Я помолчал, проверяя, все ли на месте в моем рассказе, и почтил его легкой улыбкой – данью справедливого уважения. Затем, выхватив из кармана листок печатного текста, я прочел один отрывок, чтобы еще немного позабавить моего друга.
Отрывок из рукописи, в котором Треллис дает пояснения неизвестному слушателю касательно характера задуманного им труда.
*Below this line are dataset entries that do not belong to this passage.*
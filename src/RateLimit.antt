-- ===== src/RateLimit.antt =====
-- The write rate limit of the ingestion service (src/services/ingestion_service/app/ops_controls.py).
pub mod Window
pub mod Bounds
pub mod Deques
pub mod Accepted
mod Tests
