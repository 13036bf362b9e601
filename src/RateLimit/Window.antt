-- ===== src/RateLimit/Window.antt =====
-- `enforce_ingestion_write_rate_limit`: a sliding window of the accepted writes of each endpoint. An
-- instant and the window are numbers of microseconds.
use portfolio_analytics_syst.Prelude.{
  ℕ, zero, suc, ◌+◌, String, Bool, true, false, ◌||◌, List, [], ◌∷◌, ◌++◌, length, str_eq, ltb,
  if◌then◌else◌,
}
use portfolio_analytics_syst.Prelude.Int.{ℤ, pos, negsuc}

pub record WriteEvent : Type 0 where
  pub observed_at : ℕ
  pub record_count : ℕ

-- The settings that the environment gives.
pub record Limits : Type 0 where
  pub enabled : Bool
  pub window : ℕ
  pub max_requests : ℕ
  pub max_records : ℕ

-- The defaultdict of deques, by endpoint.
abbrev pub Windows : Type 0
Windows = String → List WriteEvent

abbrev pub is_expired : Limits → ℕ → WriteEvent → Bool
is_expired limits now e = ltb (e.observed_at + limits.window) now

unfoldable pub evict_expired : Limits → ℕ → List WriteEvent → List WriteEvent
evict_expired limits now [] = []
evict_expired limits now (e ∷ events) =
    let rest = evict_expired limits now events in
    if is_expired limits now e then rest else e ∷ events

-- `sum(item.record_count for item in events)`
unfoldable pub current_records : List WriteEvent → ℕ
current_records [] = 0
current_records (e ∷ events) = e.record_count + current_records events

-- A count below one is one.
abbrev pub at_least_one : ℤ → ℕ
at_least_one (pos zero) = 1
at_least_one (pos (suc n)) = suc n
at_least_one (negsuc n) = 1

-- Whether the write is accepted (a refused one raises `PermissionError`), and the events after it:
-- the expired ones are dropped in either case.
unfoldable pub admit : Limits → ℕ → ℕ → List WriteEvent → Bool × List WriteEvent
unfolding evict_expired current_records
admit limits now count events =
    let live = evict_expired limits now events in
    if ltb limits.max_requests (length live + 1)
      || ltb limits.max_records (current_records live + count)
    then (false, live)
    else (true, live ++ record { observed_at = now; record_count = count } ∷ [])

abbrev pub set_events : Windows → String → List WriteEvent → Windows
set_events windows endpoint events name = if str_eq name endpoint then events else windows name

unfoldable pub enforce_ingestion_write_rate_limit :
    Limits → String → ℤ → ℕ → Windows → Bool × Windows
unfolding admit
enforce_ingestion_write_rate_limit limits endpoint record_count now windows =
    let (accepted, events) = admit limits now (at_least_one record_count) (windows endpoint) in
    if limits.enabled then (accepted, set_events windows endpoint events) else (true, windows)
...Ему представлялось, что великая и дерзновенная книга – зеленая книга – была вопиюще злободневной потребностью данной минуты, – книгой, которая в истинном свете покажет злокачественную опухоль греха и подействует на человечество как трубный зов. Все дети, сказал он далее, рождаются чистыми и невинными. (Не случайно Треллис избегает здесь упоминать учение о первородном грехе и могущие возникнуть в связи с ним глубокие богословские проблемы.) Грязная среда осквернила людей, обратив их – и это еще слишком мягко сказано! – в распутниц, преступников и хищных гарпий. Зло, как ему казалось, было самым заразным из всех известных заболеваний. Дайте вору жить среди честных людей, и рано или поздно у него утащат часы. В своей книге он собирался покарать двух представителей рода человеческого – развращенного до мозга костей мужчину и женщину непревзойденной добродетели. Они встречаются. Женщина подпадает под влияние порока, в конце концов ее насилуют, и она гибнет на глухих задворках. Создавая собственную milieu[7] и показывая вневременной конфликт между разложением и красотой, сиянием и мраком, грехом и благодатью, повествование обещает быть захватывающим и благотворным. Mens sana in corpore sano[8]. Какую проницательность выказывает старый философ! Как хорошо он понимал, что навозный жук бабочке не товарищ! Конец извлечения.
Торжествующе взглянув на Бринсли, я увидел, что тот стоит очень прямо и, нагнув шею, внимательно глядит себе под ноги. На земле валялась мокрая, в пятнах газета, и глаза Бринсли бегали по строчкам.
– Черт подери, – сказал он, – лошадь Пикока бежит сегодня.
Молча сложил я свою рукопись и сунул обратно в карман.
– Восемь к четырем, – продолжал Бринсли. – Слушай, – он поднял голову, – мы будем полными идиотами, если что-нибудь с этого не поимеем.
Он нагнулся, подобрал газету и продолжал внимательно читать.
– Какая лошадь бежит? – спросил я.
– Какая? Внучок. Лошадь Пикока. Я издал восклицание.